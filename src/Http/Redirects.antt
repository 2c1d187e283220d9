-- ===== src/Http/Redirects.antt =====
-- The request behind a redirect, and the answers that end the redirects.
use deskaone_sdk.Shared.{ℕ, ◌≡◌, refl, ◌∙◌, sym, arith, true, false}
use deskaone_sdk.Shared.{List, [], ◌∷◌, Bool-cases, inl, inr}
use deskaone_sdk.Shared.{All, Bool, if◌then◌else◌}
use deskaone_sdk.Shared.Int.{ℤ, pos, negsuc}
use deskaone_sdk.Shared.{◌⊎◌, ◌↔◌}
use deskaone_sdk.Shared.Text.{codes, text_eq→eq, text_eq_refl, trim_space, text_eq, to_upper}
use deskaone_sdk.Shared.Words.{equal_fold, fold_from}
use deskaone_sdk.Http.{
  Headers, HttpRequest, names, has_header, get_header, remove_header, turns_into_get, without_body,
  next_redirect_request,
}

-- A name that matches two keys shows that they are the same but for case.
names_same :
    (key other k : List ℕ) → names key k ≡ true → names other k ≡ true → equal_fold key other ≡ true
unfolding names equal_fold
names_same key other k p q =
    let e = text_eq→eq (fold_from 0 (trim_space k)) (fold_from 0 key) p in
    let e' = text_eq→eq (fold_from 0 (trim_space k)) (fold_from 0 other) q in
    let e'' : fold_from 0 key ≡ fold_from 0 other = sym e ∙ e' in
    rw e'' (text_eq_refl (fold_from 0 other))

has_header-remove_header :
    (headers : Headers) (key : List ℕ) → has_header (remove_header headers key) key ≡ false
unfolding has_header remove_header
has_header-remove_header [] key = refl
has_header-remove_header ((k, v) ∷ headers) key =
    ground (arith, has_header-remove_header headers key)

-- Taking one name away leaves the values of all others.
get_header-remove_header :
    (headers : Headers) (key other : List ℕ)
    → equal_fold key other ≡ false
    → get_header (remove_header headers key) other ≡ get_header headers other
unfolding get_header remove_header
get_header-remove_header [] key other h = refl
get_header-remove_header ((k, v) ∷ headers) key other h =
    ground (arith, get_header-remove_header headers key other, names_same key other k)

-- Taking a name away brings no other.
has_header-remove_other :
    (headers : Headers) (key other : List ℕ)
    → has_header headers other ≡ false
    → has_header (remove_header headers key) other ≡ false
unfolding has_header remove_header
has_header-remove_other [] key other h = refl
has_header-remove_other ((k, v) ∷ headers) key other h =
    ground (arith, has_header-remove_other headers key other)

-- The headers that are taken away, where the request becomes a GET and where it does not.
abbrev pub dropped : Bool → List (List ℕ)
dropped true = codes "Host" ∷ codes "Content-Length" ∷ codes "Content-Type" ∷ []
dropped false = codes "Host" ∷ []

-- How `next` follows `req`: `got` is whether it has become a GET, and `name` a header that stays.
pub record Redirected (got : Bool) (req : HttpRequest) (next_url name : List ℕ) (next : HttpRequest)
    : Type 0 where
  pub url : next.url ≡ next_url
  pub method : next.method ≡ (if got then codes "GET" else req.method)
  pub body : next.body ≡ (if got then [] else req.body)
  pub gone : All (λ key. has_header next.headers key ≡ false) (dropped got)
  pub kept : get_header next.headers name ≡ get_header req.headers name

-- The redirects that are followed by a GET without a body: 303, and 301 or 302 of a POST, whose case
-- and surrounding space do not count.
abbrev pub BecomesGet : ℤ → List ℕ → Type 0
BecomesGet code method =
    (code ≡ pos 303)
    ⊎ (((code ≡ pos 301) ⊎ (code ≡ pos 302)) × (to_upper (trim_space method) ≡ codes "POST"))

is_post : (m : List ℕ) → (text_eq m (codes "POST") ≡ true) ↔ (m ≡ codes "POST")
is_post m = (λ h. text_eq→eq m (codes "POST") h, λ e. rw e (text_eq_refl (codes "POST")))

turns_into_get_iff :
    (code : ℤ) (method : List ℕ) → (turns_into_get code method ≡ true) ↔ BecomesGet code method
unfolding turns_into_get
turns_into_get_iff (pos n) method = ground (arith, is_post (to_upper (trim_space method)))
turns_into_get_iff (negsuc n) method = ground arith

next_redirect_request-turned :
    (req : HttpRequest) (next_url : List ℕ) (code : ℤ) (name : List ℕ)
    → All (λ key. equal_fold key name ≡ false) (dropped (turns_into_get code req.method))
    → Redirected
        (turns_into_get code req.method)
        req
        next_url
        name
        (next_redirect_request req next_url code)
unfolding next_redirect_request without_body
next_redirect_request-turned req next_url code name h =
    elim (Bool-cases (turns_into_get code req.method)) [
      | inr keeps ↦
          (let others = rw keeps at h in
            rw keeps (record {
              url = refl;
              method = refl;
              body = refl;
              gone = (has_header-remove_header req.headers (codes "Host"), tt);
              kept = get_header-remove_header req.headers (codes "Host") name others.0;
            }))
      | inl drops ↦
          (let others = rw drops at h in
            let one = remove_header req.headers (codes "Content-Length") in
            let two = remove_header one (codes "Content-Type") in
            rw drops (record {
              url = refl;
              method = refl;
              body = refl;
              gone = (
                has_header-remove_header two (codes "Host"),
                (
                  has_header-remove_other two (codes "Host") (codes "Content-Length") (
                      has_header-remove_other one (codes "Content-Type") (codes "Content-Length")
                        (has_header-remove_header req.headers (codes "Content-Length"))),
                  (
                    has_header-remove_other two (codes "Host") (codes "Content-Type")
                        (has_header-remove_header one (codes "Content-Type")),
                    tt,
                  ),
                ),
              );
              kept =
                  get_header-remove_header two (codes "Host") name others.0
                  ∙ get_header-remove_header one (codes "Content-Type") name others.1.1.0
                  ∙ get_header-remove_header req.headers (codes "Content-Length") name others.1.0;
            }))
    ]

-- The request behind a redirect goes to the new address and has no Host header. A 303, and a 301 or 302
-- of a POST, makes it a GET with no body and none of the headers of a body; every other redirect keeps
-- method and body. The headers but for these, in the first case `name` and in the second `other`, keep
-- their values, also on another host.
pub next_redirect_request-Redirected :
    (req : HttpRequest) (next_url : List ℕ) (code : ℤ) (name other : List ℕ)
    → All (λ key. equal_fold key name ≡ false) (dropped true)
    → All (λ key. equal_fold key other ≡ false) (dropped false)
    → (BecomesGet code req.method
        × Redirected true req next_url name (next_redirect_request req next_url code))
      ⊎ (¬ BecomesGet code req.method
          × Redirected false req next_url other (next_redirect_request req next_url code))
next_redirect_request-Redirected req next_url code name other h h' =
    let (turns, back) = turns_into_get_iff code req.method in
    elim (Bool-cases (turns_into_get code req.method)) [
      | inl e ↦
          (let next = next_redirect_request-turned req next_url code name (rw e h) in
            inl (turns e, rw e at next))
      | inr e ↦
          (let next = next_redirect_request-turned req next_url code other (rw e h') in
            inr (λ g. absurd (let x = back g in ground arith), rw e at next))
    ]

####################

ASSIGNED TASK:
Gather each line of the listing that holds the string "arith".

COMPLETED EXERCISE:
use deskaone_sdk.Shared.{ℕ, ◌≡◌, refl, ◌∙◌, sym, arith, true, false}
    ground (arith, has_header-remove_header headers key)
    ground (arith, get_header-remove_header headers key other, names_same key other k)
    ground (arith, has_header-remove_other headers key other)
turns_into_get_iff (pos n) method = ground (arith, is_post (to_upper (trim_space method)))
turns_into_get_iff (negsuc n) method = ground arith
            inr (λ g. absurd (let x = back g in ground arith), rw e at next))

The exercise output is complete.